В грязной комнатке, заваленной стопами бумаги, пахло керосином от типографского мотора и скипидаром. Суровый господин в золотых очках, услыхав имя профессора, расцвел, почтительно усадил его и сочувственно выслушал.
– Это Спартак отчет давал… Спартак! Поди-ка сюда!
Медленною походкою из соседней комнаты вошел болезненный молодой человек с ленивою, добродушною усмешкою, пережевывая кусок хлеба с сыром… Катя изумилась: так вот какой этот Спартак!
Он слушал профессора, улыбаясь сконфуженною улыбкою.
– Я очень извиняюсь… Значит, я не расслышал. Но теперь что же можно сделать? Что написано пером, того не вырубишь и топором.
– Ну, уж нет, товарищ, извините! Вырубайте хоть топором, а я так оставить этого не могу.
С доброю своею улыбкою Спартак убеждающе возразил:
– А не все вам равно, профессор?
Катю дрожь омерзения охватила. О, да! Ему, этому писаке, – ему все равно! И с этою доброю улыбкою…
– Я категорически требую, чтобы напечатано было мое письмо в редакцию. Вот оно.
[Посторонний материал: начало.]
-- ===== src/Deals/Schedule.antt =====
-- backend/app/api/crm.py, `_sync_purchase_schedule`: the schedule of the next purchase follows the
-- date of the deal. Dates are in UTC, in microseconds; the time of a task's change is left out.
use pulse_crm.Prelude.{
  ℕ, suc, ◌-◌, Bool, true, false, not, ◌&&◌, ◌||◌, Option, none, some, List, [], ◌∷◌, ◌==◌, ltb,
  or_else, if◌then◌else◌, select, find?, update, aware, Result, ok, http, raise_if, ◌>>=◌, ◌>>◌,
}
use pulse_crm.Models.{Deal}
use pulse_crm.Events.{
  text, number, ActivityEvent, Journal, record_domain_event, record_access_change,
}
use pulse_crm.Purchases.{
  cancelled, is_active, TaskStatus, open_task, completed_task, cancelled_task, PurchaseSchedule,
  Task, Purchase, PurchaseStore, own_task, create_purchase_schedule,
}
use pulse_crm.Deals.{DealContact}

pub record ScheduleStore : Type 0 where
  pub purchases : PurchaseStore
  pub deal_contacts : List DealContact
  pub journal : Journal

unfoldable pub active_of : Deal → PurchaseSchedule → Bool
active_of deal x = x.workspace_id == deal.workspace_id && x.deal_id == deal.id && is_active x.status

-- `ORDER BY is_primary DESC, created_at ASC LIMIT 1`.
unfoldable pub comes_first : DealContact → DealContact → Bool
comes_first x y =
    (x.is_primary && not y.is_primary)
    || (not (not x.is_primary && y.is_primary) && ltb x.created_at y.created_at)

unfoldable pub first_link : Deal → List DealContact → Option DealContact
first_link deal [] = none
first_link deal (x ∷ xs) =
    let rest = first_link deal xs in
    if x.workspace_id == deal.workspace_id && x.deal_id == deal.id
    then elim rest [ none ↦ some x | some y ↦ if comes_first y x then some y else some x ]
    else rest

unfoldable pub contact_of : Option DealContact → Option ℕ
contact_of none = none
contact_of (some x) = some x.contact_id

abbrev pub is_open : TaskStatus → Bool
is_open open_task = true
is_open completed_task = false
is_open cancelled_task = false

unfoldable pub find_task : ℕ → Option ℕ → List Task → Option Task
find_task workspace_id none tasks = none
find_task workspace_id (some id) tasks =
    find? (λ t. own_task workspace_id id t && is_open t.status) tasks

abbrev pub cancel : PurchaseSchedule → PurchaseSchedule
cancel x = record x { status = cancelled; version = suc x.version }

abbrev pub cancel_in : PurchaseSchedule → ScheduleStore → ScheduleStore
cancel_in x s = record s {
  purchases = record s.purchases {
    schedules = update (λ y. y.id == x.id) cancel s.purchases.schedules;
  };
}

abbrev pub is_foreign : Option ℕ → Task → Bool
is_foreign none t = false
is_foreign (some required) t = not (t.assignee_id == required)

unfoldable pub refuse_task : Option Task → Option ℕ → Result (Unit {0})
refuse_task none required = ok tt
refuse_task (some t) required = raise_if (is_foreign required t) (http 404 "task not found")

abbrev pub task_updated : Deal → ℕ → Task → ActivityEvent
task_updated deal actor_id t = record {
  workspace_id = deal.workspace_id;
  event_type = "task.updated";
  entity_type = "task";
  entity_id = t.id;
  actor_id = some actor_id;
  payload = ("fields", text "assignee_id") ∷ ("deal_id", number deal.id) ∷ [];
}

unfoldable pub assign_task : Deal → ℕ → ℕ → Option Task → ScheduleStore → ScheduleStore
assign_task deal actor_id assignee_id none s = s
assign_task deal actor_id assignee_id (some t) s =
    if t.assignee_id == assignee_id then s else record s {
      purchases = record s.purchases {
        tasks =
            update (λ u. u.id == t.id)
              (λ u. record u { assignee_id = assignee_id; version = suc u.version })
              s.purchases.tasks;
      };
      journal =
          record_access_change deal.workspace_id (some t.assignee_id ∷ some assignee_id ∷ []) "task"
            (record_domain_event (task_updated deal actor_id t) s.journal);
    }

abbrev pub realigned : Option ℕ → ℕ → PurchaseSchedule → PurchaseSchedule
realigned contact_id assignee_id x = record x { contact_id = contact_id; assignee_id = assignee_id }

unfoldable pub align_schedule :
    Deal → ℕ → ℕ → Option ℕ → Option ℕ → PurchaseSchedule → ScheduleStore → Result ScheduleStore
align_schedule deal actor_id assignee_id contact_id required x s = do
  let task = find_task deal.workspace_id x.task_id s.purchases.tasks
  refuse_task task required
  ok (
      assign_task deal actor_id assignee_id task (record s {
        purchases = record s.purchases {
          schedules =
              update (λ y. y.id == x.id) (realigned contact_id assignee_id) s.purchases.schedules;
        };
      }))

unfoldable pub cancel_all : List PurchaseSchedule → ScheduleStore → ScheduleStore
cancel_all [] s = s
cancel_all (x ∷ xs) s = cancel_all xs (cancel_in x s)

-- The date of the reminder is a week before.
abbrev pub purchase_of : Deal → ℕ → Option ℕ → ℕ → Purchase
purchase_of deal assignee_id contact_id scheduled_for = record {
  workspace_id = deal.workspace_id;
  deal_id = deal.id;
  contact_id = contact_id;
  assignee_id = assignee_id;
  scheduled_for = aware scheduled_for;
  remind_at = aware (scheduled_for - 604800000000);
}

unfoldable pub create_schedule : ℕ → Deal → ℕ → Option ℕ → ℕ → ScheduleStore → Result ScheduleStore
create_schedule id deal assignee_id contact_id scheduled_for s = do
  (schedule, created, purchases) ←
      create_purchase_schedule id (purchase_of deal assignee_id contact_id scheduled_for)
        s.purchases
  ok (record s { purchases = purchases })

-- The loop over the active schedules, and what follows it.
unfoldable pub sync_active :
    ℕ
    → Deal
    → ℕ
    → ℕ
    → Option ℕ
    → Option ℕ
    → ℕ
    → List PurchaseSchedule
    → ScheduleStore
    → Result ScheduleStore
sync_active id deal actor_id assignee_id contact_id required scheduled_for [] s =
    create_schedule id deal assignee_id contact_id scheduled_for s
sync_active id deal actor_id assignee_id contact_id required scheduled_for (x ∷ xs) s =
    elim (x.scheduled_for == scheduled_for) [
      | true ↦ align_schedule deal actor_id assignee_id contact_id required x s
      | false ↦
          sync_active id deal actor_id assignee_id contact_id required scheduled_for xs
            (cancel_in x s)
    ]

unfoldable pub sync_to :
    ℕ → Deal → ℕ → ℕ → Option ℕ → Option ℕ → ScheduleStore → Result ScheduleStore
sync_to id deal actor_id fallback_assignee_id required none s =
    ok (cancel_all (select (active_of deal) s.purchases.schedules) s)
sync_to id deal actor_id fallback_assignee_id required (some scheduled_for) s =
    sync_active id deal actor_id (or_else deal.assignee_id fallback_assignee_id)
      (contact_of (first_link deal s.deal_contacts)) required scheduled_for
      (select (active_of deal) s.purchases.schedules) s

unfoldable pub sync_purchase_schedule :
    ℕ → Deal → ℕ → ℕ → Option ℕ → ScheduleStore → Result ScheduleStore
sync_purchase_schedule id deal fallback_assignee_id actor_id required s =
    sync_to id deal actor_id fallback_assignee_id required deal.next_purchase_at s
Здесь только восстановлено то, что я действительно сказал.
Они в замешательстве прочли. Редактор в золотых очках помолчал и сказал:
– Да, конечно, это полное ваше право. Но завтрашний номер, воскресный, уже сверстан, в понедельник газета не выходит. Так что, к сожалению, сможем поместить только во вторник… А кстати, профессор: не можете ли вы нам давать время от времени популярно-научные статьи, доступные пониманию рабочей массы? Мы собираемся расширить нашу газету.
– Об этом может быть речь, когда появится опровержение.
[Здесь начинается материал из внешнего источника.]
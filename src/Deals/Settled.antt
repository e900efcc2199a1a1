-- ===== src/Deals/Settled.antt =====
-- The parts of a synchronization: what an insertion, a cancellation and a change of the contact and
-- the assignee leave of the deal's active schedules.
use mathlib.Core.List.{Memᴰ}
use pulse_crm.Prelude.Table.Laws.{find?-test, find?-none-All}
use pulse_crm.Prelude.Table.Members.{Distinct, find?-mem, mem-any, any-mem, All-mem}
use pulse_crm.Prelude.Table.Counts.{count-update_off, count_mono}
use pulse_crm.Prelude.{
  ℕ, ◌-◌, ◌≤◌, ◌≡◌, refl, sym, ap, ◌∙◌, ◌⊎◌, inl, inr, Bool, true, false, not, ◌&&◌, Option, none,
  some, List, ◌==◌, ==_refl, Bool-cases, if◌then◌else◌, find?, any, count, update, arith, ok, ltb,
  value_error, >>=-eq-ok, raise_if-eq-ok,
}
use pulse_crm.Models.{Deal}
use pulse_crm.Purchases.{
  is_active, PurchaseSchedule, Task, PurchaseStore, same_occurrence, new_schedule, insert_schedule,
  create_purchase_schedule,
}
use pulse_crm.Deals.Schedule.{
  ScheduleStore, active_of, cancel, cancel_in, refuse_task, find_task, assign_task, realigned,
  align_schedule, purchase_of, create_schedule,
}

abbrev pub rows : ScheduleStore → List PurchaseSchedule
rows s = s.purchases.schedules

-- The deal's active schedules for one date, and its schedules for that date that are not active.
abbrev pub active_at : Deal → ℕ → PurchaseSchedule → Bool
active_at deal d x = active_of deal x && x.scheduled_for == d

abbrev pub closed_at : Deal → ℕ → PurchaseSchedule → Bool
closed_at deal d x = same_occurrence deal.workspace_id deal.id d x && not (is_active x.status)

-- The keys of the table, and at most one active schedule for the deal.
abbrev pub IsKept : Deal → ScheduleStore → Type 0
IsKept deal s = Distinct PurchaseSchedule.id (rows s) × (count (active_of deal) (rows s) ≤ 1)

-- The active schedules of the deal after its date was set.
abbrev pub IsAligned : Deal → Option ℕ → ScheduleStore → ScheduleStore → Type 0
IsAligned deal none s s' = count (active_of deal) (rows s') ≡ 0
IsAligned deal (some d) s s' =
    (count (active_of deal) (rows s') ≡ (if any (closed_at deal d) (rows s) then 0 else 1))
    × (count (active_at deal d) (rows s') ≡ (if any (closed_at deal d) (rows s) then 0 else 1))

find?-none-any :
    (p : PurchaseSchedule → Bool) (xs : List PurchaseSchedule)
    → find? p xs ≡ none
    → any p xs ≡ false
find?-none-any p xs e = elim (Bool-cases (any p xs)) [
  | inr f ↦ f
  | inl f ↦
      let (y, m, t) = any-mem p xs f in let off = All-mem _ (find?-none-All p xs e) m in cc (t, off)
]

module _ (deal : Deal) where
  assign_task-rows :
      (actor_id assignee_id : ℕ) (o : Option Task) (s : ScheduleStore)
      → rows (assign_task deal actor_id assignee_id o s) ≡ rows s
  unfolding assign_task
  assign_task-rows actor_id assignee_id none s = refl
  assign_task-rows actor_id assignee_id (some t) s =
      elim (Bool-cases (t.assignee_id == assignee_id)) [ inl e ↦ rw e refl | inr e ↦ rw e refl ]

  pub at_le :
      (d : ℕ) (xs : List PurchaseSchedule) → count (active_at deal d) xs ≤ count (active_of deal) xs
  at_le d xs = count_mono (active_at deal d) (active_of deal) (λ x t. ground (arith, t)) xs

  pub cancel_in-none :
      (x : PurchaseSchedule) (s : ScheduleStore)
      → IsKept deal s
      → Memᴰ x (rows s)
      → active_of deal x ≡ true
      → count (active_of deal) (rows (cancel_in x s)) ≡ 0
  unfolding active_of
  cancel_in-none x s (distinct, one) m t =
      let less =
        count-update_off PurchaseSchedule.id (active_of deal) cancel (rows s) {x = x} distinct m t
          (ground arith) in
      omega (arith, less, one)

  abbrev pub on : ℕ → PurchaseSchedule → Bool
  on d = same_occurrence deal.workspace_id deal.id d

  -- What an insertion leaves where no schedule of the deal was active.
  abbrev pub Created : ℕ → List PurchaseSchedule → List PurchaseSchedule → Type 0
  Created d xs ys =
      ((find? (on d) xs ≡ none)
        × (count (active_of deal) ys ≡ 1)
        × (count (active_at deal d) ys ≡ 1))
      ⊎ ((x : PurchaseSchedule) × (find? (on d) xs ≡ some x)
          × (count (active_of deal) ys ≡ 0)
          × (count (active_at deal d) ys ≡ 0))

  module _ (id assignee_id : ℕ) (contact_id : Option ℕ) (d remind_at : ℕ) where
    abbrev row : PurchaseSchedule
    row = new_schedule id (purchase_of deal assignee_id contact_id d) d remind_at

    row-active : active_of deal row ≡ true
    unfolding active_of
    row-active =
        let w = ==_refl deal.workspace_id in let i = ==_refl deal.id in ground (arith, w, i)

    insert_schedule-Created :
        (o : Option PurchaseSchedule) (p : PurchaseStore)
        → find? (on d) p.schedules ≡ o
        → count (active_of deal) p.schedules ≡ 0
        → Created d p.schedules (insert_schedule o row p).2.schedules
    unfolding insert_schedule count
    insert_schedule-Created none p e zero_before =
        let at_zero = at_le d p.schedules in
        let same : (d == d) ≡ true = ==_refl d in
        inl (
          e,
          rw row-active (omega (arith, zero_before)),
          rw (row-active, same) (omega (arith, zero_before, at_zero)),
        )
    insert_schedule-Created (some x) p e zero_before =
        let at_zero = at_le d p.schedules in
        inr (x, e, zero_before, omega (arith, zero_before, at_zero))

  pub create_schedule-Created :
      (id assignee_id : ℕ) (contact_id : Option ℕ) (d : ℕ) (s s' : ScheduleStore)
      → create_schedule id deal assignee_id contact_id d s ≡ ok s'
      → count (active_of deal) (rows s) ≡ 0
      → Created d (rows s) (rows s')
  unfolding create_schedule create_purchase_schedule
  create_schedule-Created id assignee_id contact_id d s s' h zero_before =
      let p = purchase_of deal assignee_id contact_id d in
      let (r, made, done) = >>=-eq-ok (create_purchase_schedule id p s.purchases) _ h in
      let (c, inserted) =
        raise_if-eq-ok (ltb d (d - 604800000000))
          (value_error "purchase reminder cannot be after the expected purchase") _ made in
      let held =
        insert_schedule-Created id assignee_id contact_id d (d - 604800000000)
          (find? (on d) (rows s)) s.purchases refl zero_before in
      let result : insert_schedule (find? (on d) (rows s)) (new_schedule id p d (d - 604800000000))
            s.purchases
          ≡ r =
        ground (arith, inserted) in
      let store : record s { purchases = r.2 } ≡ s' = ground (arith, done) in
      let held' : Created d (rows s) r.2.schedules = rw result at held in rw (← store) held'

  pub Created-any :
      (d : ℕ) (xs ys : List PurchaseSchedule) (c : Bool)
      → Created d xs ys
      → any (on d) xs ≡ c
      → (count (active_of deal) ys ≡ (if c then 0 else 1))
        × (count (active_at deal d) ys ≡ (if c then 0 else 1))
  Created-any d xs ys c (inl (e, one, one')) h =
      let c_is : c ≡ false = sym h ∙ find?-none-any (on d) xs e in rw c_is (one, one')
  Created-any d xs ys c (inr (x, e, zero_left, zero_left')) h =
      let c_is : c ≡ true =
        sym h ∙ mem-any (on d) xs (find?-mem (on d) xs e) (find?-test (on d) xs e) in
      rw c_is (zero_left, zero_left')

  -- Where no schedule for the date is active, those that are closed are all.
  pub any-closed_at :
      (d : ℕ) (xs : List PurchaseSchedule)
      → ((y : PurchaseSchedule) → Memᴰ y xs → on d y ≡ true → is_active y.status ≡ false)
      → any (on d) xs ≡ any (closed_at deal d) xs
  any-closed_at d xs closed = elim (Bool-cases (any (on d) xs)) [
    | inl e ↦
        let (y, m, t) = any-mem (on d) xs e in
        let off = closed y m t in e ∙ sym (mem-any (closed_at deal d) xs m (ground (arith, t, off)))
    | inr e ↦ elim (Bool-cases (any (closed_at deal d) xs)) [
      | inr f ↦ e ∙ sym f
      | inl f ↦
          let (y, m, t) = any-mem (closed_at deal d) xs f in
          let on_d : on d y ≡ true = ground (arith, t) in mem-any (on d) xs m on_d ∙ sym f
    ]
  ]

  pub on-active :
      (d : ℕ) (y : PurchaseSchedule)
      → on d y ≡ true
      → (is_active y.status ≡ false) ⊎ ((active_of deal y ≡ true) × (y.scheduled_for ≡ d))
  unfolding same_occurrence active_of
  on-active d y t = elim (Bool-cases (is_active y.status)) [
    | inr off ↦ inl off
    | inl live ↦ inr (ground (arith, t, live), ground (arith, t))
  ]

  -- A date for which a schedule is active.
  pub align_schedule-rows :
      (actor_id assignee_id : ℕ) (contact_id required : Option ℕ) (x : PurchaseSchedule)
      (s s' : ScheduleStore)
      → align_schedule deal actor_id assignee_id contact_id required x s ≡ ok s'
      → rows s' ≡ update (λ y. y.id == x.id) (realigned contact_id assignee_id) (rows s)
  unfolding align_schedule
  align_schedule-rows actor_id assignee_id contact_id required x s s' h =
      let task = find_task deal.workspace_id x.task_id s.purchases.tasks in
      let (u, allowed, done) = >>=-eq-ok (refuse_task task required) _ h in
      let s1 : ScheduleStore = record s {
        purchases = record s.purchases {
          schedules =
              update (λ y. y.id == x.id) (realigned contact_id assignee_id) s.purchases.schedules;
        };
      } in
      let result : assign_task deal actor_id assignee_id task s1 ≡ s' = ground (arith, done) in
      ap rows (sym result) ∙ assign_task-rows actor_id assignee_id task s1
Профессор с Катей вышли. Катя воскликнула:
– Не напечатают! Вот увидите!
– Нет, это не может быть.
– Да как же им напечатать? «Не штыком, а просвещением». Когда они именно проповедуют, что штыком. – Катя засмеялась. – И очутились вы, Николай Елпидифорович, в их компании!
Во вторник письмо не появилось, и редактор по телефону очень извинялся. Потом оказалось, метранпаж затерял заметку. Редактор просил непременно прислать новую и опять очень извинялся. Наконец, оказалось, – времени прошло уже столько, что решительно не имело смысла печатать: все давно уже забыли и о самом-то празднике.
У подъезда «Астории» стояла телега, нагруженная печеным хлебом, а на горячих хлебах лежал врастяжку ломовой извозчик. Мимо равнодушно проходили люди. Катя, пораженная, остановилась.
– Товарищ! Да что же вы такое делаете? Ведь вы весь хлеб примяли, посмотрите, что с ним стало!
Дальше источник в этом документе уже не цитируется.